DATA PROVIDED START
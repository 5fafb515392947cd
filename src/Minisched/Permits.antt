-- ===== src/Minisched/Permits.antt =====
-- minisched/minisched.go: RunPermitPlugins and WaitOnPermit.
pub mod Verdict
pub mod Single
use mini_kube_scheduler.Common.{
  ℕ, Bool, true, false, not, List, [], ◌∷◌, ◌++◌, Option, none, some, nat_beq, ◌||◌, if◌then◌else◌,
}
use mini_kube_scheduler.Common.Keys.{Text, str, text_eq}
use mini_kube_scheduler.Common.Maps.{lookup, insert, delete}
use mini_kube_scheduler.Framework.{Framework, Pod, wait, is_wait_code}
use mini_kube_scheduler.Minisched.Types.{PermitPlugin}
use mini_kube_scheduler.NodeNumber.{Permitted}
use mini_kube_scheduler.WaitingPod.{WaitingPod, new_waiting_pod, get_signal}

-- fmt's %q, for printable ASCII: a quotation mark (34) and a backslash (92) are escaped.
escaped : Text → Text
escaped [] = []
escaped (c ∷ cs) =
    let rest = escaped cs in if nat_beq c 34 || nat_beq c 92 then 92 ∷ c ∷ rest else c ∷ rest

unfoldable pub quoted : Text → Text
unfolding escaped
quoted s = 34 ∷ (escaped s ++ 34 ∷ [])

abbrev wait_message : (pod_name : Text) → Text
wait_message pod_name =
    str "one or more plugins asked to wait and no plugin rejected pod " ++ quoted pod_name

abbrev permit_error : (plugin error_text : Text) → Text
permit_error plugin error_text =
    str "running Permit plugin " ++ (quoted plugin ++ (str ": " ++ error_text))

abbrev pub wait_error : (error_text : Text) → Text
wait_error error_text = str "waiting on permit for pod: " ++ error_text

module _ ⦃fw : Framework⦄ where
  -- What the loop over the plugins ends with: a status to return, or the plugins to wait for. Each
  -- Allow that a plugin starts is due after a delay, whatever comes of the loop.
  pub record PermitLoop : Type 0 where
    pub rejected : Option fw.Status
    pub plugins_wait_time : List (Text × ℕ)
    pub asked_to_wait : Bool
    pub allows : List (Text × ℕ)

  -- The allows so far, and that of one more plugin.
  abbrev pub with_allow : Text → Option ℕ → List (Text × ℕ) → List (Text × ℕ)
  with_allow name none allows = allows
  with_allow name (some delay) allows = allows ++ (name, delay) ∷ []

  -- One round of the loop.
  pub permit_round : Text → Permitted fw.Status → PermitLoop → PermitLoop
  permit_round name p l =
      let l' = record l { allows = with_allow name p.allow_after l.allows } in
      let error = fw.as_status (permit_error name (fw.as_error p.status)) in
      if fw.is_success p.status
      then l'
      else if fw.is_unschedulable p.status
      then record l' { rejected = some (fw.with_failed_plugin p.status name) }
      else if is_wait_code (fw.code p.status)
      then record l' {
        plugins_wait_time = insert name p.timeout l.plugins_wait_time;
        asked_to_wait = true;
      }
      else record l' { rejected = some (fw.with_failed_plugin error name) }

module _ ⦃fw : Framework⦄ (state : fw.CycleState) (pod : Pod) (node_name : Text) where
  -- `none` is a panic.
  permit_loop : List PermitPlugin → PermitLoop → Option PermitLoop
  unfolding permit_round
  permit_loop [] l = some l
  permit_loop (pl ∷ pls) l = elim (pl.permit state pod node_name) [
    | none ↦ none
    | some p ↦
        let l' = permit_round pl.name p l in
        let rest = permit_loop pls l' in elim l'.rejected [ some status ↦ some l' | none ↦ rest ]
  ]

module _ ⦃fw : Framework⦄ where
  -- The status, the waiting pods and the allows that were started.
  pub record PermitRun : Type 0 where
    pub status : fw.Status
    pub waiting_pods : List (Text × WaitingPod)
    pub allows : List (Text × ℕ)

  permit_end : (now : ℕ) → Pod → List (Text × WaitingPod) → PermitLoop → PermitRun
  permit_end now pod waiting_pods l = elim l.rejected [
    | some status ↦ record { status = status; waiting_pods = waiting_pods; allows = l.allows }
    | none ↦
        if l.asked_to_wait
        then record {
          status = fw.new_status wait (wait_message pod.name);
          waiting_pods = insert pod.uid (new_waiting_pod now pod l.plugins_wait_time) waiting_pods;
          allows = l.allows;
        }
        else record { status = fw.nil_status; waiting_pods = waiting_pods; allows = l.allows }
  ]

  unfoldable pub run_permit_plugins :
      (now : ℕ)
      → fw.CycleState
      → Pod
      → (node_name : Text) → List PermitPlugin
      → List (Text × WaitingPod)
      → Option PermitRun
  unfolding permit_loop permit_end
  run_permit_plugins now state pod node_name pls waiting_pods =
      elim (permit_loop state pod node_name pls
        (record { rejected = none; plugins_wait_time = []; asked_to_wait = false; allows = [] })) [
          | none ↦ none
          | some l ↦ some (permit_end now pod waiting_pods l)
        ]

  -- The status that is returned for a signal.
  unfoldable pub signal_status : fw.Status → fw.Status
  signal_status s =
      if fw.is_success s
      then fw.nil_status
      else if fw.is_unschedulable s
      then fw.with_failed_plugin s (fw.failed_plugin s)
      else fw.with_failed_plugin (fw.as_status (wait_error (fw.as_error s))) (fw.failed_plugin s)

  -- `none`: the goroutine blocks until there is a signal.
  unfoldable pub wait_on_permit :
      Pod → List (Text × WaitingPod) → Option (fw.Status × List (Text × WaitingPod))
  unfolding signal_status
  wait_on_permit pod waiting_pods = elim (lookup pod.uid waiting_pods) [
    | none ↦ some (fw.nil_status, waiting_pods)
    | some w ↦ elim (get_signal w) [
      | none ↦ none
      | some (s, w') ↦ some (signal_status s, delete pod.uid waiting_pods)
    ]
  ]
DATA PROVIDED END
● **REQUIRED WORK**
Within the material above, transcribe exactly the lines that run from the line holding "status = fw.new_status" through the line holding "elim (permit_loop state".

● **ANSWER BOX**
          status = fw.new_status wait (wait_message pod.name);
          waiting_pods = insert pod.uid (new_waiting_pod now pod l.plugins_wait_time) waiting_pods;
          allows = l.allows;
        }
        else record { status = fw.nil_status; waiting_pods = waiting_pods; allows = l.allows }
  ]

  unfoldable pub run_permit_plugins :
      (now : ℕ)
      → fw.CycleState
      → Pod
      → (node_name : Text) → List PermitPlugin
      → List (Text × WaitingPod)
      → Option PermitRun
  unfolding permit_loop permit_end
  run_permit_plugins now state pod node_name pls waiting_pods =
      elim (permit_loop state pod node_name pls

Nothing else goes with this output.